Quienes toman suplementos con vitamina A: deberían considerar la cantidad total procedente de alimentos y suplementos para evitar una exposición innecesariamente alta.
Personas mayores con elevado riesgo de osteoporosis: algunas autoridades recomiendan evitar exposiciones altas y prolongadas de vitamina A por la posible relación con mayor riesgo de fracturas.
LA CLAVE ESTÁ EN LA MODERACIÓN
Quizá lo más sorprendente del hígado es que puede ser simultáneamente uno de los alimentos más nutritivos y uno de los que menos sentido tiene consumir en cantidades enormes.
Una porción pequeña ya proporciona muchísimo.
No necesitas un plato gigantesco.
Ni comerlo todos los días.
Ni añadir suplementos de vitamina A simplemente porque buscas “duplicar” sus beneficios.
Cuanto más concentrado es un alimento en determinado nutriente, más importante resulta comprender qué cantidad estamos consumiendo.
CONCLUSIÓN
El hígado puede ser un alimento extraordinariamente nutritivo.

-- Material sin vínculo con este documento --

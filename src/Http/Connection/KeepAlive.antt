-- ===== src/Http/Connection/KeepAlive.antt =====
-- How many requests a connection serves, and when it is closed.
use acppsrv.Prelude.{
  ℕ, ◌^◌, ◌≤◌, ◌<◌, ◌≡◌, refl, sym, ◌∙◌, ap, inl, inr, String, Bool, true, false, none, some, List,
  [], ◌∷◌, arith, length, All,
}
use acppsrv.Http.Server.{Server}
use acppsrv.Http.Handler.{Response}
use acppsrv.Http.Routes.{Env, App}
use acppsrv.Http.Connection.{
  Exchange, Conn, Outcome, going, abort, round, below_limit, Progress, waiting, ended, send_error,
  rounds, opened, handle_connection,
}
use acppsrv.Http.Connection.Rounds.{
  responses, KeepsAlive, OnlyNewestCloses, Post, next_n, Aborted, Answered, round-Post,
  send_error-responses, send_error-req_n, send_error-ec,
}

module _ (env : Env) (srv : Server) (header_server : String) where
  -- Before a round: every request has been answered, and one more is within the limit.
  pub record Looping (k : ℕ) (c : Conn env srv header_server) : Type 0 where
    pub answered : length (responses c.trace) ≡ c.req_n
    pub open_all : All KeepsAlive (responses c.trace)
    pub room : c.req_n < k

  pub record Served (k : ℕ) (c : Conn env srv header_server) : Type 0 where
    pub answered : length (responses c.trace) ≤ c.req_n
    pub limit : c.req_n ≤ k
    pub only_newest : OnlyNewestCloses (responses c.trace)
    pub closed :
        c.ec ≡ none
        → (r : Response) × (rs : List Response) × (responses c.trace ≡ r ∷ rs)
          × (r.keep_alive ≡ false)

  abbrev pub KeepsLimit : ℕ → Progress env srv header_server → Type 0
  KeepsLimit k (waiting c) = Looping k c
  KeepsLimit k (ended c) = Served k c

  newest_alone : (rs : List Response) → All KeepsAlive rs → OnlyNewestCloses rs
  newest_alone [] h = tt
  newest_alone (r ∷ rs) h = h.1

  module _ (k : ℕ) (small : k < 2 ^ 32) (set : srv.keepalive_requests ≡ some k) where
    going_on :
        (c c' : Conn env srv header_server)
        → Looping k c
        → Answered env srv header_server c true c'
        → Looping k c'
    going_on c c' l a =
        let (r, e, alive) = a.answer in
        let below : below_limit env srv header_server (some k) (next_n env srv header_server c)
            ≡ true =
          rw set at (a.limited refl) in
        record {
          answered = omega (arith, ap length e, l.answered, l.room, a.counted);
          open_all = rw e (alive, l.open_all);
          room = ground (arith, a.counted);
        }

    ending :
        (c c' : Conn env srv header_server)
        → Looping k c
        → Answered env srv header_server c false c'
        → Served k (send_error env srv header_server (record c' { ec = none; stage = "" }))
    ending c c' l a =
        let (r, e, closes) = a.answer in
        let c'' : Conn env srv header_server = record c' { ec = none; stage = "" } in
        let same : responses (send_error env srv header_server c'').trace ≡ r ∷ responses c.trace =
          send_error-responses env srv header_server c'' ∙ e in
        let n = send_error-req_n env srv header_server c'' in
        record {
          answered = omega (arith, ap length same, l.answered, l.room, a.counted, n);
          limit = omega (arith, l.room, a.counted, n);
          only_newest = rw same l.open_all;
          closed = λ _. (r, responses c.trace, same, closes);
        }

    failing :
        (c c' : Conn env srv header_server)
        → Aborted env srv header_server c c'
        → (rs : List Response) → responses c'.trace ≡ rs
        → length rs ≤ c'.req_n
        → c'.req_n ≤ k
        → OnlyNewestCloses rs
        → Served k (send_error env srv header_server c')
    failing c c' a rs e few within newest =
        let same : responses (send_error env srv header_server c').trace ≡ rs =
          send_error-responses env srv header_server c' ∙ e in
        let n = send_error-req_n env srv header_server c' in
        record {
          answered = omega (arith, ap length same, few, n);
          limit = omega (arith, within, n);
          only_newest = rw same newest;
          closed = λ q. absurd (a.failed (sym (send_error-ec env srv header_server c') ∙ q));
        }

    aborting :
        (c c' : Conn env srv header_server)
        → Looping k c
        → Aborted env srv header_server c c'
        → Served k (send_error env srv header_server c')
    aborting c c' l a = elim a.counted [
      | inl (n, e) ↦
          failing c c' a _ e (omega (arith, l.answered, n)) (omega (arith, l.room, n))
            (newest_alone _ l.open_all)
      | inr (n, inl e) ↦
          failing c c' a _ e (omega (arith, l.answered, l.room, n)) (omega (arith, l.room, n))
            (newest_alone _ l.open_all)
      | inr (n, inr (r, e)) ↦
          failing c c' a (r ∷ responses c.trace) e (omega (arith, l.answered, l.room, n))
            (omega (arith, l.room, n)) l.open_all
    ]

    rounds-KeepsLimit :
        (xs : List Exchange) (c : Conn env srv header_server)
        → Looping k c
        → KeepsLimit k (rounds env srv header_server xs c)
    unfolding rounds
    rounds-KeepsLimit [] c l = l
    rounds-KeepsLimit (x ∷ xs) c l =
        go (round env srv header_server x c) refl (round-Post env srv header_server x c)
          (rounds-KeepsLimit xs)
      where
        go :
            (o : Outcome env srv header_server Bool)
            → round env srv header_server x c ≡ o
            → Post env srv header_server
                (Answered env srv header_server c)
                (Aborted env srv header_server c)
                o
            → ((c' : Conn env srv header_server)
                → Looping k c'
                → KeepsLimit k (rounds env srv header_server xs c'))
            → KeepsLimit k (rounds env srv header_server (x ∷ xs) c)
        go (going true c') e p rest = rw (e, rounds) (rest c' (going_on c c' l p))
        go (going false c') e p rest = rw (e, rounds) (ending c c' l p)
        go (abort c') e p rest = rw (e, rounds) (aborting c c' l p)

    -- With a limit on the requests of one connection, whatever the client, the network and the
    -- handlers do, a connection serves at most that many requests and sends at most one response to
    -- each; every response but the last announces keep-alive, and a connection that ends without an
    -- error has announced its end in the last one.
    pub handle_connection-KeepsLimit :
        (xs : List Exchange) (app : App env)
        → 0 < k
        → KeepsLimit k (handle_connection env srv header_server xs app)
    unfolding handle_connection
    handle_connection-KeepsLimit xs app pos_k =
        rounds-KeepsLimit xs (opened env srv header_server app)
          (record { answered = refl; open_all = tt; room = pos_k })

Aporta hierro de buena biodisponibilidad y concentraciones particularmente elevadas de vitamina A preformada y cobre. Una porción de unos 85 gramos de hígado de res puede aportar aproximadamente 6,582 microgramos RAE de vitamina A y 12.4 miligramos de cobre.
Precisamente por eso no debería tratarse como un alimento que necesariamente mejora cuanto más se consume.

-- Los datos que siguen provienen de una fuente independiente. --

-- ===== src/Http/Connection/Timeouts.antt =====
-- Under which timeout a connection waits, and what it sends after an error.
use acppsrv.Prelude.{
  ℕ, ◌≡◌, refl, ◌⊎◌, inl, inr, ◌≢◌, String, Bool, true, false, Option, none, some, List, [], ◌∷◌,
  if◌then◌else◌, Bool-cases, Option-cases, nat_beq,
}
use acppsrv.Http.Server.{Server}
use acppsrv.Http.Handler.{Request, Response, field, new_response, payload_too_large}
use acppsrv.Http.Routes.{Env, App, create_response}
use acppsrv.Http.Connection.{
  Error, body_limit, other, Header, unread, header, Exchange, Action, expires, reads_header,
  writes_continue, reads_some, writes, writes_error, Conn, Outcome, going, abort, M, read_request,
  expect_continue, read_body, respond, round, got_header, finish, answer, count_body, Progress,
  waiting, ended, send_error, rounds, opened, handle_connection,
}

-- The last timeout that was set is `d`.
abbrev pub Under : Option ℕ → List Action → Type 0
Under d [] = ⊥
Under d (expires e ∷ t) = e ≡ d
Under d (_ ∷ t) = ⊥

module _ (idle keepalive : Option ℕ) where
  -- In a trace, the newest action first: a header is awaited under the idle or the keep-alive
  -- timeout, all else that waits for the client under the idle timeout, and a response is sent
  -- under none; no error response.
  abbrev pub Timed : List Action → Type 0
  Timed [] = Unit
  Timed (expires _ ∷ t) = Timed t
  Timed (reads_header ∷ t) = (Under idle t ⊎ Under keepalive t) × Timed t
  Timed (writes_continue ∷ t) = Under idle t × Timed t
  Timed (reads_some ∷ t) = Under idle t × Timed t
  Timed (writes r ∷ t) = Under none t × Timed t
  Timed (writes_error r ∷ t) = ⊥

module _ (env : Env) (srv : Server) (header_server : String) where
  abbrev C : Type 0
  C = Conn env srv header_server

  abbrev TimedConn : C → Type 0
  TimedConn c = Timed srv.idle_timeout srv.keepalive_timeout c.trace

  abbrev TimedAfter : {A : Type 0} → Outcome env srv header_server A → Type 0
  TimedAfter (going a c) = TimedConn c
  TimedAfter (abort c) = TimedConn c

  TimedAfter-bind :
      {A B : Type 0} (o : Outcome env srv header_server A) (f : A → M env srv header_server B)
      → TimedAfter o
      → ((a : A) (c : C) → TimedConn c → TimedAfter (f a c))
      → TimedAfter (elim o [ going a c' ↦ f a c' | abort c' ↦ abort c' ])
  TimedAfter-bind (going a c) f p h = h a c p
  TimedAfter-bind (abort c) f p h = p

  got_header-Timed :
      (h : Header) (c : C) → TimedConn c → TimedAfter (got_header env srv header_server h c)
  unfolding got_header
  got_header-Timed (unread e) c t = t
  got_header-Timed (header request) c t = t

  first_timeout :
      (b : Bool)
      → ((if b then srv.idle_timeout else srv.keepalive_timeout) ≡ srv.idle_timeout)
        ⊎ ((if b then srv.idle_timeout else srv.keepalive_timeout) ≡ srv.keepalive_timeout)
  first_timeout true = inl refl
  first_timeout false = inr refl

  read_request-Timed :
      (x : Exchange) (c : C) → TimedConn c → TimedAfter (read_request env srv header_server x c)
  unfolding read_request
  read_request-Timed x c t = got_header-Timed x.read_header _ (first_timeout (nat_beq c.req_n 0), t)

  finish-Timed :
      (stage : String) (o : Option Error) (c : C)
      → TimedConn c
      → TimedAfter (finish env srv header_server stage o c)
  unfolding finish
  finish-Timed stage none c t = t
  finish-Timed stage (some e) c t = t

  expect_continue-Timed :
      (x : Exchange) (request : Request) (c : C)
      → TimedConn c
      → TimedAfter (expect_continue env srv header_server x request c)
  unfolding expect_continue
  expect_continue-Timed x request c t =
      elim (Bool-cases (env.iequals (field request.expect) "100-continue")) [
        | inl e ↦
            rw (e, expect_continue) (finish-Timed "write_100_continue" x.write_continue _ (refl, t))
        | inr e ↦ rw (e, expect_continue) t
      ]

  read_body-Timed :
      (rs : List (Option Error)) (c : C)
      → TimedConn c
      → TimedAfter (read_body env srv header_server rs c)
  unfolding read_body
  read_body-Timed [] c t = t
  read_body-Timed (none ∷ rs) c t =
      read_body-Timed rs
        (record c {
          ec = none;
          stage = "read_request_body";
          trace = reads_some ∷ expires srv.idle_timeout ∷ c.trace;
        })
        (refl, t)
  read_body-Timed (some e ∷ rs) c t =
      finish-Timed "read_request_body" (some e)
        (record c { trace = reads_some ∷ expires srv.idle_timeout ∷ c.trace }) (refl, t)

  answer-Timed :
      (x : Exchange) (request : Request) (made : Response × App env) (c : C)
      → TimedConn c
      → TimedAfter (answer env srv header_server x request made c)
  unfolding answer
  answer-Timed x request (made, app') c t = elim (Option-cases x.write_response) [
    | inl e ↦ rw (e, answer) (refl, t)
    | inr (err, e) ↦ rw (e, answer) (refl, t)
  ]

  respond-Timed :
      (x : Exchange) (request : Request) (c : C)
      → TimedConn c
      → TimedAfter (respond env srv header_server x request c)
  unfolding respond
  respond-Timed x request c t =
      answer-Timed x request
        (create_response env request (count_body env srv header_server request c.app)) c t

  round-Timed : (x : Exchange) (c : C) → TimedConn c → TimedAfter (round env srv header_server x c)
  unfolding round
  round-Timed x c t =
      TimedAfter-bind (read_request env srv header_server x c) _ (read_request-Timed x c t)
        λ request c1 t1.
          TimedAfter-bind (expect_continue env srv header_server x request c1) _
            (expect_continue-Timed x request c1 t1)
            λ _ c2 t2.
              TimedAfter-bind (read_body env srv header_server x.body_reads c2) _
                (read_body-Timed x.body_reads c2 t2) λ _ c3 t3. respond-Timed x request c3 t3

  -- The end of a connection: 413 under the idle timeout if the body was too large, else nothing.
  abbrev pub EndsWell : C → Type 0
  EndsWell c =
      ((c.ec ≡ some body_limit)
        × ((t : List Action) × (c.trace
              ≡ writes_error (new_response payload_too_large) ∷ expires srv.idle_timeout ∷ t)
            × Timed srv.idle_timeout srv.keepalive_timeout t))
      ⊎ ((c.ec ≢ some body_limit) × TimedConn c)

  abbrev pub RunsTimed : Progress env srv header_server → Type 0
  RunsTimed (waiting c) = TimedConn c
  RunsTimed (ended c) = EndsWell c

  send_error-EndsWell : (c : C) → TimedConn c → EndsWell (send_error env srv header_server c)
  unfolding send_error
  send_error-EndsWell c t = go c.ec refl
    where
      go : (o : Option Error) → c.ec ≡ o → EndsWell (send_error env srv header_server c)
      go none e = rw (e, send_error) (inr ((λ q. cc), t))
      go (some body_limit) e = rw (e, send_error) (inl (e, (c.trace, refl, t)))
      go (some (other m)) e = rw (e, send_error) (inr ((λ q. cc), t))

  rounds-RunsTimed :
      (xs : List Exchange) (c : C) → TimedConn c → RunsTimed (rounds env srv header_server xs c)
  unfolding rounds
  rounds-RunsTimed [] c t = t
  rounds-RunsTimed (x ∷ xs) c t =
      go (round env srv header_server x c) refl (round-Timed x c t) (rounds-RunsTimed xs)
    where
      go :
          (o : Outcome env srv header_server Bool)
          → round env srv header_server x c ≡ o
          → TimedAfter o
          → ((c' : C) → TimedConn c' → RunsTimed (rounds env srv header_server xs c'))
          → RunsTimed (rounds env srv header_server (x ∷ xs) c)
      go (going true c') e p rest = rw (e, rounds) (rest c' p)
      go (going false c') e p rest =
          rw (e, rounds) (send_error-EndsWell (record c' { ec = none; stage = "" }) p)
      go (abort c') e p rest = rw (e, rounds) (send_error-EndsWell c' p)

  -- A connection waits for the client only under the idle or keep-alive timeout and sends responses
  -- under none; its last action is the response 413, under the idle timeout, exactly if it ended
  -- with the body over its limit, and it never sends that response otherwise.
  pub handle_connection-RunsTimed :
      (xs : List Exchange) (app : App env)
      → RunsTimed (handle_connection env srv header_server xs app)
  unfolding handle_connection
  handle_connection-RunsTimed xs app = rounds-RunsTimed xs (opened env srv header_server app) tt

El organismo almacena vitamina A preformada, y una ingesta crónicamente elevada puede provocar toxicidad y alteraciones hepáticas. El exceso mantenido de cobre también puede producir síntomas gastrointestinales y daño en el hígado.

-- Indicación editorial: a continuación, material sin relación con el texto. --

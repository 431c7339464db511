-- ===== src/Http/Samples.antt =====
-- Concrete requests and an environment for the tests: names of formats are compared exactly, and a
-- message is its own text.
use acppsrv.Prelude.{ℕ, suc, String, Bool, true, false, ◌==◌, none, some, if◌then◌else◌, str_append}
use acppsrv.Http.Handler.{Request, fine, failure, Codec}
use acppsrv.Http.Routes.{StatData, Env}
use acppsrv.Http.Server.{Server}

abbrev pub text_codec : Codec String String
text_codec = record {
  from_json = λ s. (if s == "bad" then failure "3" "syntax" else fine, s);
  from_protobuf = λ s. (true, s);
  to_json = λ s. (if s == "bad" then failure "13" "broken" else fine, s);
  to_protobuf = λ s. (true, s);
}

abbrev pub stat_codec : Codec Bool StatData
stat_codec = record {
  from_json = λ s. (fine, s == "reset");
  from_protobuf = λ s. (true, s == "reset");
  to_json = λ d. (fine, "counters");
  to_protobuf = λ d. (true, "counters");
}

abbrev pub env : Env
env = record {
  Store = ℕ;
  DbRequest = String;
  DbResponse = String;
  iequals = ◌==◌;
  db_codec = text_codec;
  stat_codec = stat_codec;
  query = λ q s. (str_append q "!", suc s);
}

abbrev pub echo_request : Request
echo_request = record {
  is_head = false;
  target = "/echo";
  accept = none;
  content_type = some "application/json";
  expect = none;
  keep_alive = true;
  body = "hi";
}

abbrev pub server : Server
server = record {
  port = 8080;
  listen_queue = none;
  max_connections = some 2;
  idle_timeout = some 5;
  keepalive_timeout = some 9;
  keepalive_requests = some 2;
  max_request_headers = none;
  max_request_body = none;
  workers = 3;
  use_workers = 2;
}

No hace falta tener miedo de una comida ocasional.
Lo importante es evitar convertir grandes cantidades de hígado en una rutina diaria sin considerar el resto de la alimentación y los suplementos utilizados.
Para la población general, algunas autoridades como el NHS recomiendan no consumir hígado o productos derivados más de una vez por semana. Durante el embarazo, la recomendación es evitarlos debido a su elevada concentración de vitamina A.
Así que la próxima vez que alguien diga que el hígado es tan saludable que debería comerse todos los días, recuerda algo importante:
Un alimento puede ser muy nutritivo y aun así necesitar moderación.
En nutrición, no siempre necesitamos más.
Muchas veces necesitamos exactamente lo suficiente.